▶ **Exercise description**: Return the run of lines below that opens with the line containing "pub callbacks : List Callback" and closes with the line containing "pub gate : List", keeping each one exact.

------ Stored data

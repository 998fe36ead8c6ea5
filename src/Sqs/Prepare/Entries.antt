-- ===== src/Sqs/Prepare/Entries.antt =====
-- prepareSQSEvent makes only entries within the limits that Limits lists, and rejects an event at most once.
use outboxer.Prelude.{
  length, sym, String, Bool, true, false, Option, none, some, List, [], ◌∷◌, ◌≡◌, refl, Bool-cases,
  inl, inr, is_empty, if◌then◌else◌,
}
use outboxer.Prelude.Int.{ℤ}
use outboxer.Value.{Result, ok, err}
use outboxer.Provider.{
  Event, Callback, add_poison_id, log_failure, option_string, reject_malformed_options,
}
use outboxer.Sqs.{MessageAttribute, PreparedEvent}
use outboxer.Sqs.Options.{sqs_attributes, sqs_delay_seconds, sqs_aws_trace_header}
use outboxer.Sqs.Poison.{is_fifo_id, is_sqs_poison, provider_safe_id, sqs_message_size}
use outboxer.Sqs.Prepare.{
  Library, Candidate, Checked, reading, batch_entry, check_and_pack, fifo_group_id,
  prepare_sqs_event,
}
use outboxer.Sqs.Prepare.Ids.{IsDigest, is_entry_id-safe, is_fifo_id-safe, is_fifo_id-synthetic}
use outboxer.Sqs.Prepare.Attributes.{message_bytes, length-message_bytes}
use outboxer.Sqs.Prepare.Limits.{
  Fits, IsOptionalId, IsFifoId, IsEntryId, is_fifo_id-IsFifoId, is_entry_id-IsEntryId,
  not-poison-Fits,
}

-- What is prepared for a queue: the event's own id and payload, within the limits, and for a FIFO
-- queue with a group and a deduplication id.
pub record IsEntry (c : Candidate) (is_fifo : Bool) (p : PreparedEvent) : Type 0 where
  pub own : p.log_id ≡ c.evt.id
  pub body : p.entry.message_body ≡ c.evt.payload
  pub measured : p.message_size ≡ length (message_bytes p.entry.message_body p.entry.attributes)
  pub fits :
      Fits p.entry.message_body p.entry.attributes p.entry.message_group_id p.entry.deduplication_id
        p.entry.delay_seconds
  pub id_ok : IsEntryId p.entry.id
  pub fifo_ok :
      is_fifo ≡ true
      → IsFifoId p.entry.message_group_id
        × IsFifoId p.entry.deduplication_id
        × (p.entry.delay_seconds ≡ none)

-- The event is poison, and a failure is reported; nothing else is.
abbrev pub IsRejected : Event → List Callback → Type 0
IsRejected evt cs =
    (reason : String) × (report : String) × (cs
      ≡ add_poison_id evt.id reason ∷ log_failure "Failed to send event" report ∷ [])

-- A value with no callback, or a rejection.
abbrev pub Decided {ℓ} : {A : Type ℓ} → Event → (A → Type 0) → List Callback → Option A → Type 0
Decided evt P cs none = IsRejected evt cs
Decided evt P cs (some a) = (cs ≡ []) × P a

abbrev pub IsDecided {ℓ} : {A : Type ℓ} → Event → (A → Type 0) → Checked A → Type 0
IsDecided evt P r = Decided evt P r.callbacks r.value

pub reading-IsDecided {ℓ} :
    {A : Type ℓ} (evt : Event) (P : PreparedEvent → Type 0) (name : String) (r : Result A)
    (next : A → Checked PreparedEvent)
    → ((a : A) → IsDecided evt P (next a))
    → IsDecided evt P (reading evt name r next)
unfolding reject_malformed_options
reading-IsDecided evt P name (err problem) next each = (problem, _, refl)
reading-IsDecided evt P name (ok a) next each = each a

module _ (lib : Library) (hex : IsDigest lib.stable_digest) (c : Candidate) where
  group_id-ok : IsOptionalId c.ordering_key → IsFifoId (fifo_group_id lib c)
  unfolding fifo_group_id
  group_id-ok (inl none') =
      rw none'
        (is_fifo_id-IsFifoId _ (is_fifo_id-synthetic lib.stable_digest hex (lib.sprint c.evt.id)))
  group_id-ok (inr fits) = elim (Bool-cases (is_empty c.ordering_key)) [
    | inl e ↦
        rw e
          (is_fifo_id-IsFifoId _ (is_fifo_id-synthetic lib.stable_digest hex (lib.sprint c.evt.id)))
    | inr e ↦ rw e fits
  ]

  deduplication_id-ok :
      (d : String)
      → IsOptionalId d
      → IsFifoId (
          if is_empty d
          then provider_safe_id lib.stable_digest (lib.sprint c.evt.id) is_fifo_id
          else d)
  deduplication_id-ok d (inl none') =
      rw none' (is_fifo_id-IsFifoId _ (is_fifo_id-safe lib.stable_digest hex (lib.sprint c.evt.id)))
  deduplication_id-ok d (inr fits) = elim (Bool-cases (is_empty d)) [
    | inl e ↦
        rw e (is_fifo_id-IsFifoId _ (is_fifo_id-safe lib.stable_digest hex (lib.sprint c.evt.id)))
    | inr e ↦ rw e fits
  ]

  pub check_and_pack-IsDecided :
      (queue_url : String) (is_fifo : Bool) (attributes : List (String × MessageAttribute))
      (deduplication_id : String) (delay : Option ℤ) (trace : String)
      → IsDecided c.evt
          (IsEntry c is_fifo)
          (check_and_pack lib c queue_url is_fifo attributes deduplication_id delay trace)
  unfolding check_and_pack batch_entry
  check_and_pack-IsDecided queue_url is_fifo attributes deduplication_id delay trace =
      elim (Bool-cases
        (is_sqs_poison c.evt.payload attributes c.ordering_key deduplication_id delay)) [
          | inl bad ↦ rw bad ("Event is invalid for SQS", _, refl)
          | inr good ↦ rw good (refl, packed is_fifo (not-poison-Fits _ _ _ _ _ good))
        ]
    where
      packed :
          (fifo : Bool)
          → Fits c.evt.payload attributes c.ordering_key deduplication_id delay
          → IsEntry c fifo (record {
            log_id = c.evt.id;
            message_size = sqs_message_size c.evt.payload attributes;
            entry = batch_entry lib c fifo attributes deduplication_id delay trace;
          })
      packed true f = record {
        own = refl;
        body = refl;
        measured = sym (length-message_bytes c.evt.payload attributes);
        fits = record {
          some_body = f.some_body;
          text = f.text;
          small = f.small;
          few = f.few;
          well_formed = f.well_formed;
          key_ok = inr (group_id-ok f.key_ok);
          deduplication_ok = inr (deduplication_id-ok deduplication_id f.deduplication_ok);
          delay_ok = tt;
        };
        id_ok =
            is_entry_id-IsEntryId _ (is_entry_id-safe lib.stable_digest hex (lib.sprint c.evt.id));
        fifo_ok = λ e.
            (group_id-ok f.key_ok, deduplication_id-ok deduplication_id f.deduplication_ok, refl);
      }
      packed false f = record {
        own = refl;
        body = refl;
        measured = sym (length-message_bytes c.evt.payload attributes);
        fits = record {
          some_body = f.some_body;
          text = f.text;
          small = f.small;
          few = f.few;
          well_formed = f.well_formed;
          key_ok = f.key_ok;
          deduplication_ok = inl refl;
          delay_ok = f.delay_ok;
        };
        id_ok =
            is_entry_id-IsEntryId _ (is_entry_id-safe lib.stable_digest hex (lib.sprint c.evt.id));
        fifo_ok = λ e. absurd (cc e);
      }

-- prepareSQSEvent either makes no callback and gives an entry of the event's own id and payload,
-- whose body, attributes, ids, delay and size are as Fits lists, its size measured, and on a FIFO
-- queue with a group, a deduplication id and no delay; or it rejects that event once, with a reason
-- and one report. The digest is taken to be 64 hexadecimal digits.
pub prepare_sqs_event-IsDecided :
    (lib : Library)
    → IsDigest lib.stable_digest
    → (c : Candidate) (queue_url : String) (is_fifo : Bool)
    → IsDecided c.evt (IsEntry c is_fifo) (prepare_sqs_event lib c queue_url is_fifo)
unfolding prepare_sqs_event
prepare_sqs_event-IsDecided lib hex c queue_url is_fifo =
    reading-IsDecided c.evt (IsEntry c is_fifo) _ (sqs_attributes lib.decode_base64 c.evt.options) _
      λ as'.
        reading-IsDecided c.evt (IsEntry c is_fifo) _
          (option_string c.evt.options "messageDeduplicationId") _
          λ d.
            reading-IsDecided c.evt (IsEntry c is_fifo) _
              (sqs_delay_seconds lib.out_of_range c.evt.options) _
              λ delay.
                reading-IsDecided c.evt (IsEntry c is_fifo) _ (sqs_aws_trace_header c.evt.options) _
                  λ trace. check_and_pack-IsDecided lib hex c queue_url is_fifo as' d delay trace
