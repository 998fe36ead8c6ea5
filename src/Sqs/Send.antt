-- ===== src/Sqs/Send.antt =====
-- Send of the SQS provider: the events are parted by queue, a FIFO queue's by group and a standard
-- queue's into chunks, and each part is sent by a goroutine of its own (internal/outboxer/sqs/
-- sender.go).
pub mod Single
pub mod Order
pub mod Requests
pub mod Limits
use outboxer.Prelude.{
  ℕ, zero, suc, String, Bool, true, false, Option, none, some, List, [], ◌∷◌, ◌++◌, map,
  if◌then◌else◌, codes, has_suffix, format, group_by, string_eq,
}
use outboxer.Errors.{Error, Outcome, returned, failed, join_all}
use outboxer.Provider.{Event, EventId, Callback, add_poison_id, log_failure}
use outboxer.Sqs.{
  PreparedEvent, BatchResponse, Sent, nothing_sent, send_sqs_batch, chunk_sqs_standard_events,
  is_sqs_permanent_request_error,
}
use outboxer.Sqs.Poison.{valid_sqs_queue_url}
use outboxer.Sqs.Prepare.{
  Library, Candidate, Checked, parse_sqs_candidate, prepare_sqs_event, fifo_group_id,
}

-- What one goroutine did: the batch requests that it made, its callbacks and its error.
pub record Run : Type 0 where
  pub requests : List (List PreparedEvent)
  pub callbacks : List Callback
  pub err : Option Error

abbrev pub idle : Run
idle = record { requests = []; callbacks = []; err = none }

-- Callbacks that a goroutine makes before the rest of its work.
abbrev pub after : List Callback → Run → Run
after cs r = record r { callbacks = cs ++ r.callbacks }

-- `append` where there is something to append.
abbrev pub cons? {ℓ} : {A : Type ℓ} → Option A → List A → List A
cons? none xs = xs
cons? (some x) xs = x ∷ xs

-- What became of one queue: the callbacks before the goroutines start, and the goroutines.
pub record QueueRun : Type 0 where
  pub queue : String
  pub first : List Callback
  pub runs : List Run

abbrev pub run_err : Run → Option Error
run_err r = r.err

abbrev singletons : List PreparedEvent → List (List PreparedEvent)
singletons = map (λ (evt : PreparedEvent). evt ∷ [])

abbrev isolated_requests : Outcome BatchResponse → List PreparedEvent → List (List PreparedEvent)
isolated_requests (failed e) (a ∷ b ∷ events) =
    if is_sqs_permanent_request_error e then singletons (a ∷ b ∷ events) else []
isolated_requests _ _ = []

-- The calls that sendSQSBatch makes of the publisher.
unfoldable pub batch_requests :
    Outcome BatchResponse → List PreparedEvent → List (List PreparedEvent)
unfolding is_sqs_permanent_request_error
batch_requests whole [] = []
batch_requests whole (a ∷ events) = (a ∷ events) ∷ isolated_requests whole (a ∷ events)

-- `answer` is what the publisher answers to a request, and `gate` the error of the context where a
-- goroutine that waits for the semaphore with a request is cancelled.
pub record Service : Type 0 where
  pub answer : List PreparedEvent → Outcome BatchResponse
  pub gate : List PreparedEvent → Option Error

module _ (lib : Library) (svc : Service) (queue : String) where
  abbrev gated : Option Error → List PreparedEvent → Sent
  gated (some e) events = record { callbacks = []; any_done = false; err = some e }
  gated none events =
      send_sqs_batch lib.error_text lib.sprint queue (λ p. svc.answer (p ∷ [])) events
        (svc.answer events)

  -- sendSQSBatchWithSemaphore
  unfoldable pub send_with_semaphore : List PreparedEvent → Sent
  unfolding send_sqs_batch
  send_with_semaphore events = gated (svc.gate events) events

  abbrev gated_requests : Option Error → List PreparedEvent → List (List PreparedEvent)
  gated_requests (some e) events = []
  gated_requests none events = batch_requests (svc.answer events) events

  -- The requests of sendSQSBatchWithSemaphore.
  unfoldable pub requests_with_semaphore : List PreparedEvent → List (List PreparedEvent)
  unfolding batch_requests
  requests_with_semaphore events = gated_requests (svc.gate events) events

  -- A FIFO group after one of its events was sent: it goes on only if the event is done.
  abbrev after_sent : Sent → List (List PreparedEvent) → Run → Run
  after_sent sent requests rest = elim sent.err [
    | some e ↦ record { requests = requests; callbacks = sent.callbacks; err = some e }
    | none ↦
        if sent.any_done
        then record rest {
          requests = requests ++ rest.requests;
          callbacks = sent.callbacks ++ rest.callbacks;
        }
        else record { requests = requests; callbacks = sent.callbacks; err = none }
  ]

  abbrev fifo_next : Checked PreparedEvent → Run → Run
  fifo_next checked rest = elim checked.value [
    | none ↦ after checked.callbacks rest
    | some p ↦
        after checked.callbacks
          (after_sent (send_with_semaphore (p ∷ [])) (requests_with_semaphore (p ∷ [])) rest)
  ]

  -- The loop over a FIFO group in sendSQSFIFOEvents.
  unfoldable pub send_fifo_group : List Candidate → Run
  unfolding send_with_semaphore requests_with_semaphore prepare_sqs_event
  send_fifo_group [] = idle
  send_fifo_group (c ∷ cs) =
      let rest = send_fifo_group cs in fifo_next (prepare_sqs_event lib c queue true) rest

  abbrev group_runs : List (String × List Candidate) → List Run
  group_runs [] = []
  group_runs ((id, cs) ∷ groups) = send_fifo_group cs ∷ group_runs groups

  -- sendSQSFIFOEvents
  unfoldable pub send_sqs_fifo_events : List Candidate → List Run
  unfolding send_fifo_group group_by fifo_group_id
  send_sqs_fifo_events cs = group_runs (group_by (fifo_group_id lib) cs)

  abbrev chunk_run : List PreparedEvent → Run
  chunk_run chunk =
      let sent = send_with_semaphore chunk in
      record {
        requests = requests_with_semaphore chunk;
        callbacks = sent.callbacks;
        err = sent.err;
      }

  -- sendSQSStandardEvents
  unfoldable pub send_sqs_standard_events : List PreparedEvent → List Run
  unfolding send_with_semaphore requests_with_semaphore chunk_sqs_standard_events
  send_sqs_standard_events events = map chunk_run (chunk_sqs_standard_events events)

  -- The events that pass, in order, with the callbacks about those that do not.
  unfoldable pub candidates : List Event → List Callback × List Candidate
  unfolding parse_sqs_candidate
  candidates [] = ([], [])
  candidates (evt ∷ events) =
      let (cs, passed) = candidates events in
      let checked = parse_sqs_candidate evt in (checked.callbacks ++ cs, cons? checked.value passed)

  unfoldable pub prepare_all : List Candidate → List Callback × List PreparedEvent
  unfolding prepare_sqs_event
  prepare_all [] = ([], [])
  prepare_all (c ∷ cs) =
      let (callbacks, passed) = prepare_all cs in
      let checked = prepare_sqs_event lib c queue false in
      (checked.callbacks ++ callbacks, cons? checked.value passed)

  abbrev poison_all : List Event → List Callback
  poison_all [] = []
  poison_all (evt ∷ events) =
      add_poison_id evt.id "SQS queue URL is syntactically invalid" ∷ poison_all events

  abbrev queue_refused : List Event → QueueRun
  queue_refused events = record {
    queue = queue;
    first =
        poison_all events
        ++ log_failure "Failed to send event batch"
            (format ("sqs|" ∷ queue ∷ "|invalid-queue-url" ∷ []))
          ∷ [];
    runs = [];
  }

  abbrev queue_standard : List Callback → List Candidate → QueueRun
  queue_standard callbacks cs =
      let (more, prepared) = prepare_all cs in
      record { queue = queue; first = callbacks ++ more; runs = send_sqs_standard_events prepared }

  abbrev queue_accepted : List Callback × List Candidate → QueueRun
  queue_accepted (callbacks, cs) =
      if has_suffix (codes ".fifo") (codes queue)
      then record { queue = queue; first = callbacks; runs = send_sqs_fifo_events cs }
      else queue_standard callbacks cs

  -- sendSQSQueueEvents
  unfoldable pub send_sqs_queue_events : List Event → QueueRun
  unfolding valid_sqs_queue_url candidates prepare_all send_sqs_fifo_events send_sqs_standard_events
  send_sqs_queue_events events =
      if valid_sqs_queue_url lib.parse_url queue
      then queue_accepted (candidates events)
      else queue_refused events

-- The error of a queue: RunConcurrent joins those of its goroutines.
abbrev pub queue_err : QueueRun → Option Error
queue_err q = join_all none (map run_err q.runs)

module _ (lib : Library) (svc : String → Service) where
  abbrev queue_runs : List (String × List Event) → List QueueRun
  queue_runs [] = []
  queue_runs ((queue, events) ∷ groups) =
      send_sqs_queue_events lib (svc queue) queue events ∷ queue_runs groups

  -- sendSQSEventsWithCallbacks
  unfoldable pub send_sqs_events : List Event → List QueueRun
  unfolding send_sqs_queue_events group_by
  send_sqs_events events = queue_runs (group_by (λ (evt : Event). evt.destination) events)

  -- The error that Send returns.
  unfoldable pub send_err : List QueueRun → Option Error
  unfolding join_all
  send_err qs = join_all none (map queue_err qs)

------------

▶ **Output of the task**:
  pub callbacks : List Callback
  pub err : Option Error

abbrev pub idle : Run
idle = record { requests = []; callbacks = []; err = none }

-- Callbacks that a goroutine makes before the rest of its work.
abbrev pub after : List Callback → Run → Run
after cs r = record r { callbacks = cs ++ r.callbacks }

-- `append` where there is something to append.
abbrev pub cons? {ℓ} : {A : Type ℓ} → Option A → List A → List A
cons? none xs = xs
cons? (some x) xs = x ∷ xs

-- What became of one queue: the callbacks before the goroutines start, and the goroutines.
pub record QueueRun : Type 0 where
  pub queue : String
  pub first : List Callback
  pub runs : List Run

abbrev pub run_err : Run → Option Error
run_err r = r.err

abbrev singletons : List PreparedEvent → List (List PreparedEvent)
singletons = map (λ (evt : PreparedEvent). evt ∷ [])

abbrev isolated_requests : Outcome BatchResponse → List PreparedEvent → List (List PreparedEvent)
isolated_requests (failed e) (a ∷ b ∷ events) =
    if is_sqs_permanent_request_error e then singletons (a ∷ b ∷ events) else []
isolated_requests _ _ = []

-- The calls that sendSQSBatch makes of the publisher.
unfoldable pub batch_requests :
    Outcome BatchResponse → List PreparedEvent → List (List PreparedEvent)
unfolding is_sqs_permanent_request_error
batch_requests whole [] = []
batch_requests whole (a ∷ events) = (a ∷ events) ∷ isolated_requests whole (a ∷ events)

-- `answer` is what the publisher answers to a request, and `gate` the error of the context where a
-- goroutine that waits for the semaphore with a request is cancelled.
pub record Service : Type 0 where
  pub answer : List PreparedEvent → Outcome BatchResponse
  pub gate : List PreparedEvent → Option Error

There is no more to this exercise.